**PROBLEM STATEMENT:**
Copy, word for word, each line of the data below from the first through the line containing "-- The heap before", and stop there.

(Collected data entries)
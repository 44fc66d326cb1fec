-- ===== src/MessageQueue/Destroy/Freed.antt =====
-- The heap before and after `mymsgdestroy` of Lab23/main.c and Lab24/main.c.
use os_posix.Prelude.{◌≡◌, refl, ◌∙◌, false, none, some, [], ◌∷◌, arith, if◌then◌else◌, length}
use os_posix.MessageQueue.Cells.{Ptr, null, Text, Heap, Cells, first, has, Links, Distinct}
use os_posix.MessageQueue.Cells.Chain.{Links-frame, has-ne}
use os_posix.MessageQueue.Destroy.{free_message, free_from}

-- The heap without the messages of a chain.
abbrev pub without : Cells → Heap → Heap
without cs h p = if has p cs then none else h p

pub Links-after :
    (h : Heap) (a : Ptr) (cs : Cells) (b p : Ptr)
    → has p cs ≡ false
    → Links h a cs b
    → Links (free_message h p) a cs b
Links-after h a cs b p out l =
    Links-frame h (free_message h p) a cs b (λ q i. let ne = has-ne p q cs out i in ground arith) l

without_both :
    (q : Ptr) (t : Text) (cs : Cells) (h : Heap) (p : Ptr)
    → without cs (free_message h q) p ≡ without ((q, t) ∷ cs) h p
without_both q t cs h p = ground arith

-- With fuel for as many messages as there are, `mymsgdestroy` reads no freed message, and the heap
-- that it leaves has lost the messages of the chain and no others.
pub free_from-without :
    (h : Heap) (a : Ptr) (cs : Cells)
    → Links h a cs null
    → Distinct cs
    → (h' : Heap) × (free_from (length cs) h (first cs null) ≡ some h')
      × ((p : Ptr) → h' p ≡ without cs h p)
unfolding free_from
free_from-without h a [] l d = (h, refl, λ p. refl)
free_from-without h a ((q, t) ∷ cs) l d =
    let (h', run, same) =
      free_from-without (free_message h q) q cs (Links-after h q cs null q d.1 l.1) d.2 in
    (h', rw (d.0, l.0) run, λ p. same p ∙ without_both q t cs h p)
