-- ===== src/MessageQueue/Counting/Tests.antt =====
-- The queue of Lab23 at a reachable state, and a chain that is freed.
use os_posix.Prelude.{ℕ, suc, ◌≤◌, ◌≡◌, refl, false, none, some, [], ◌∷◌, arith, length, take}
use os_posix.MessageQueue.Cells.{Ptr, null, Text, message, Heap, write, Cells}
use os_posix.MessageQueue.Cells.Chain.{IsFresh}
use os_posix.MessageQueue.Destroy.{free_from}
use os_posix.MessageQueue.Destroy.Freed.{without, free_from-without}
use os_posix.MessageQueue.Broadcast.{link}
use os_posix.MessageQueue.Counting.{
  Queue, places, mymsginit, put_section, get_section, System, put_wait, put, put_post, get_wait,
  Reachable, begins, steps,
}
use os_posix.MessageQueue.Counting.Sections.{HoldsChain, get_section-HoldsChain}
use os_posix.MessageQueue.Counting.Balance.{calls_never_fault}

abbrev empty_heap : Heap
empty_heap p = none

abbrev letter : Text
letter = b'x' ∷ []

abbrev one_heap : Heap
one_heap = write empty_heap 7 (some (message letter null null))

abbrev one_queue : Queue
one_queue = record { heap = one_heap; head = 7; tail = 7; is_droped = false }

-- A put has returned, and a get has claimed its message.
abbrev claiming : System
claiming = record {
  queue = one_queue;
  empty = 9;
  full = 0;
  putting = 0;
  posting_full = 0;
  getting = 1;
  posting_empty = 0;
}

claiming-Reachable : Reachable empty_heap claiming
unfolding mymsginit put_section link
claiming-Reachable =
    steps
      (steps
        (steps (steps begins (put_wait 9 refl))
          (put 0 7 letter one_queue refl refl (ground arith) refl))
        (put_post 0 refl))
      (get_wait 0 refl)

calls_never_fault_example :
    (cs : Cells) × HoldsChain claiming.queue cs
    × (claiming.queue.is_droped ≡ false
        → (length cs ≤ places)
          × (claiming.full ≤ length cs)
          × ((n size : ℕ)
              → claiming.getting ≡ suc n
              → (q : Queue) × (t : Text) × (get_section size claiming.queue ≡ some (q, t)))
          × ((f : Ptr) (msg : Text)
              → IsFresh claiming.queue.heap f
              → (q : Queue) × (put_section f msg claiming.queue ≡ some q)))
calls_never_fault_example = calls_never_fault empty_heap claiming claiming-Reachable

one-HoldsChain : HoldsChain one_queue ((7, letter) ∷ [])
one-HoldsChain = record {
  head = refl;
  tail = refl;
  links = (refl, tt);
  distinct = (refl, refl, tt);
}

get_section-HoldsChain_test :
    (q' : Queue) × (get_section 41 one_queue ≡ some (q', take 41 letter))
    × HoldsChain q' []
    × (q'.is_droped ≡ false)
get_section-HoldsChain_test = get_section-HoldsChain 41 one_queue [] 7 letter one-HoldsChain

free_from-without_example :
    (h' : Heap) × (free_from 1 one_heap 7 ≡ some h')
    × ((p : Ptr) → h' p ≡ without ((7, letter) ∷ []) one_heap p)
free_from-without_example =
    free_from-without one_heap null ((7, letter) ∷ []) (refl, tt) (refl, refl, tt)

**TASK OUTPUT:**
repository 44fc66d326cb1fec
-- ===== src/MessageQueue/Destroy/Freed.antt =====
-- The heap before and after `mymsgdestroy` of Lab23/main.c and Lab24/main.c.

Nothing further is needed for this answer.